(Collected data)
------------------------------------------------------------
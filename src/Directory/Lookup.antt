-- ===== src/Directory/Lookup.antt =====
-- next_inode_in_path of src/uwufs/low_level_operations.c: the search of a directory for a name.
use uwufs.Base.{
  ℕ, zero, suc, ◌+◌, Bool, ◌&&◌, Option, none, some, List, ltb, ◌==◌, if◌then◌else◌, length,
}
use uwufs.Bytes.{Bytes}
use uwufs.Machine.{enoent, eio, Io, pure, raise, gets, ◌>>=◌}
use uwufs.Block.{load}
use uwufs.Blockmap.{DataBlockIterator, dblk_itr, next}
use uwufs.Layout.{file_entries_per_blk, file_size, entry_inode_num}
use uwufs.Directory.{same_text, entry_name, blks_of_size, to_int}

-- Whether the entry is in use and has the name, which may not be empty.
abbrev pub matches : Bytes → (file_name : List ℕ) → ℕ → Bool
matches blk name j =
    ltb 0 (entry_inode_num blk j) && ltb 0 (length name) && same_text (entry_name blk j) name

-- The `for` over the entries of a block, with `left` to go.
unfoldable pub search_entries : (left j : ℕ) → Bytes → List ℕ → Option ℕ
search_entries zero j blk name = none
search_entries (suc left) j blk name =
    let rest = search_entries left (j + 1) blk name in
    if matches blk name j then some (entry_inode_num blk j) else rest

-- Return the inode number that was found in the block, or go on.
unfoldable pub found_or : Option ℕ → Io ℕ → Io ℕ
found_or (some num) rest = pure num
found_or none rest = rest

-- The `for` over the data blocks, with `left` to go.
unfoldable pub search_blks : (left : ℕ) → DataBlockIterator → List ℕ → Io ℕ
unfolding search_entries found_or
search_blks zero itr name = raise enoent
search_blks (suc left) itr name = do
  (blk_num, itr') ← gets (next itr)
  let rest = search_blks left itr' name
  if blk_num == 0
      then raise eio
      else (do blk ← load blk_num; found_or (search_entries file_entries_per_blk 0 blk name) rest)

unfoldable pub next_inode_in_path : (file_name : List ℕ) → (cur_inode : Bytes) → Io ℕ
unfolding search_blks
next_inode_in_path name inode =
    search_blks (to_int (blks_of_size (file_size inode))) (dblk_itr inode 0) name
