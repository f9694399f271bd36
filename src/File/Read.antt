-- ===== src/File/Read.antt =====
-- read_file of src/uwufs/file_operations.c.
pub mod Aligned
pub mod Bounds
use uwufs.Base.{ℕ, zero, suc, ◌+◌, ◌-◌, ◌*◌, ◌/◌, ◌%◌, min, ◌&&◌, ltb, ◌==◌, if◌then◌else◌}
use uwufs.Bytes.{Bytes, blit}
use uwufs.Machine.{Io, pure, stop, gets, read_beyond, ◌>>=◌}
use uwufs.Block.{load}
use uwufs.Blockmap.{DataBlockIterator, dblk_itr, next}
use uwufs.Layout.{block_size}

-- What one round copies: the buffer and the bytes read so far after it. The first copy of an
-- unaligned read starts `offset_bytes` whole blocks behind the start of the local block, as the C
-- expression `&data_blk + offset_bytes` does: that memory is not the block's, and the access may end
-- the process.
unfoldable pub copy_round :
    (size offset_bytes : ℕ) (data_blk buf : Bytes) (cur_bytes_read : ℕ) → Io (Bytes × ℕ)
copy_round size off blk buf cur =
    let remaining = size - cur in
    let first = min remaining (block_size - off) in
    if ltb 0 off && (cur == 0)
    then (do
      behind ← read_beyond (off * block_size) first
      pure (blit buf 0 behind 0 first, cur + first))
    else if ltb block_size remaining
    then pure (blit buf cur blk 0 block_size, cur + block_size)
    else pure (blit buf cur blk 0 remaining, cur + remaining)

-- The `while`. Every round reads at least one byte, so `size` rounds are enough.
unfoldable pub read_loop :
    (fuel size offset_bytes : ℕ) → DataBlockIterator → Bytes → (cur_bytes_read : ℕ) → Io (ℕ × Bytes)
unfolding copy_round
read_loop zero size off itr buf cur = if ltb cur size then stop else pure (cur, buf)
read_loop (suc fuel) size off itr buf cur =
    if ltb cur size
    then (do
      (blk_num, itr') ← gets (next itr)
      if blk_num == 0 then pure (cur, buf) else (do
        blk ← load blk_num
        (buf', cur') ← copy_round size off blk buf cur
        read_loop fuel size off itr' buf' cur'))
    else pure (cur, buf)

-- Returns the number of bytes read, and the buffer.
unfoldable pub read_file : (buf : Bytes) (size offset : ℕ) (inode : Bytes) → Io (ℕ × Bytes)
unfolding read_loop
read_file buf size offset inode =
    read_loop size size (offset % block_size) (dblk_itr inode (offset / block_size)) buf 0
------------------------------------------------------------
• ABOUT THIS EXERCISE
Word for word, print every line above.

• YOUR SOLUTION
filename src/Directory/Lookup.antt
-- ===== src/Directory/Lookup.antt =====
-- next_inode_in_path of src/uwufs/low_level_operations.c: the search of a directory for a name.
use uwufs.Base.{
  ℕ, zero, suc, ◌+◌, Bool, ◌&&◌, Option, none, some, List, ltb, ◌==◌, if◌then◌else◌, length,
}
use uwufs.Bytes.{Bytes}
use uwufs.Machine.{enoent, eio, Io, pure, raise, gets, ◌>>=◌}
use uwufs.Block.{load}
use uwufs.Blockmap.{DataBlockIterator, dblk_itr, next}
use uwufs.Layout.{file_entries_per_blk, file_size, entry_inode_num}
use uwufs.Directory.{same_text, entry_name, blks_of_size, to_int}

-- Whether the entry is in use and has the name, which may not be empty.
abbrev pub matches : Bytes → (file_name : List ℕ) → ℕ → Bool
matches blk name j =
    ltb 0 (entry_inode_num blk j) && ltb 0 (length name) && same_text (entry_name blk j) name

-- The `for` over the entries of a block, with `left` to go.
unfoldable pub search_entries : (left j : ℕ) → Bytes → List ℕ → Option ℕ
search_entries zero j blk name = none
search_entries (suc left) j blk name =
    let rest = search_entries left (j + 1) blk name in
    if matches blk name j then some (entry_inode_num blk j) else rest

-- Return the inode number that was found in the block, or go on.
unfoldable pub found_or : Option ℕ → Io ℕ → Io ℕ
found_or (some num) rest = pure num
found_or none rest = rest

-- The `for` over the data blocks, with `left` to go.
unfoldable pub search_blks : (left : ℕ) → DataBlockIterator → List ℕ → Io ℕ
unfolding search_entries found_or
search_blks zero itr name = raise enoent
search_blks (suc left) itr name = do
  (blk_num, itr') ← gets (next itr)
  let rest = search_blks left itr' name
  if blk_num == 0
      then raise eio
      else (do blk ← load blk_num; found_or (search_entries file_entries_per_blk 0 blk name) rest)

unfoldable pub next_inode_in_path : (file_name : List ℕ) → (cur_inode : Bytes) → Io ℕ
unfolding search_blks
next_inode_in_path name inode =
    search_blks (to_int (blks_of_size (file_size inode))) (dblk_itr inode 0) name
repository f9694399f271bd36
filename src/File/Read.antt
-- ===== src/File/Read.antt =====
-- read_file of src/uwufs/file_operations.c.
pub mod Aligned
pub mod Bounds
use uwufs.Base.{ℕ, zero, suc, ◌+◌, ◌-◌, ◌*◌, ◌/◌, ◌%◌, min, ◌&&◌, ltb, ◌==◌, if◌then◌else◌}
use uwufs.Bytes.{Bytes, blit}
use uwufs.Machine.{Io, pure, stop, gets, read_beyond, ◌>>=◌}
use uwufs.Block.{load}
use uwufs.Blockmap.{DataBlockIterator, dblk_itr, next}
use uwufs.Layout.{block_size}

-- What one round copies: the buffer and the bytes read so far after it. The first copy of an
-- unaligned read starts `offset_bytes` whole blocks behind the start of the local block, as the C
-- expression `&data_blk + offset_bytes` does: that memory is not the block's, and the access may end
-- the process.
unfoldable pub copy_round :
    (size offset_bytes : ℕ) (data_blk buf : Bytes) (cur_bytes_read : ℕ) → Io (Bytes × ℕ)
copy_round size off blk buf cur =
    let remaining = size - cur in
    let first = min remaining (block_size - off) in
    if ltb 0 off && (cur == 0)
    then (do
      behind ← read_beyond (off * block_size) first
      pure (blit buf 0 behind 0 first, cur + first))
    else if ltb block_size remaining
    then pure (blit buf cur blk 0 block_size, cur + block_size)
    else pure (blit buf cur blk 0 remaining, cur + remaining)

-- The `while`. Every round reads at least one byte, so `size` rounds are enough.
unfoldable pub read_loop :
    (fuel size offset_bytes : ℕ) → DataBlockIterator → Bytes → (cur_bytes_read : ℕ) → Io (ℕ × Bytes)
unfolding copy_round
read_loop zero size off itr buf cur = if ltb cur size then stop else pure (cur, buf)
read_loop (suc fuel) size off itr buf cur =
    if ltb cur size
    then (do
      (blk_num, itr') ← gets (next itr)
      if blk_num == 0 then pure (cur, buf) else (do
        blk ← load blk_num
        (buf', cur') ← copy_round size off blk buf cur
        read_loop fuel size off itr' buf' cur'))
    else pure (cur, buf)

-- Returns the number of bytes read, and the buffer.
unfoldable pub read_file : (buf : Bytes) (size offset : ℕ) (inode : Bytes) → Io (ℕ × Bytes)
unfolding read_loop
read_file buf size offset inode =
    read_loop size size (offset % block_size) (dblk_itr inode (offset / block_size)) buf 0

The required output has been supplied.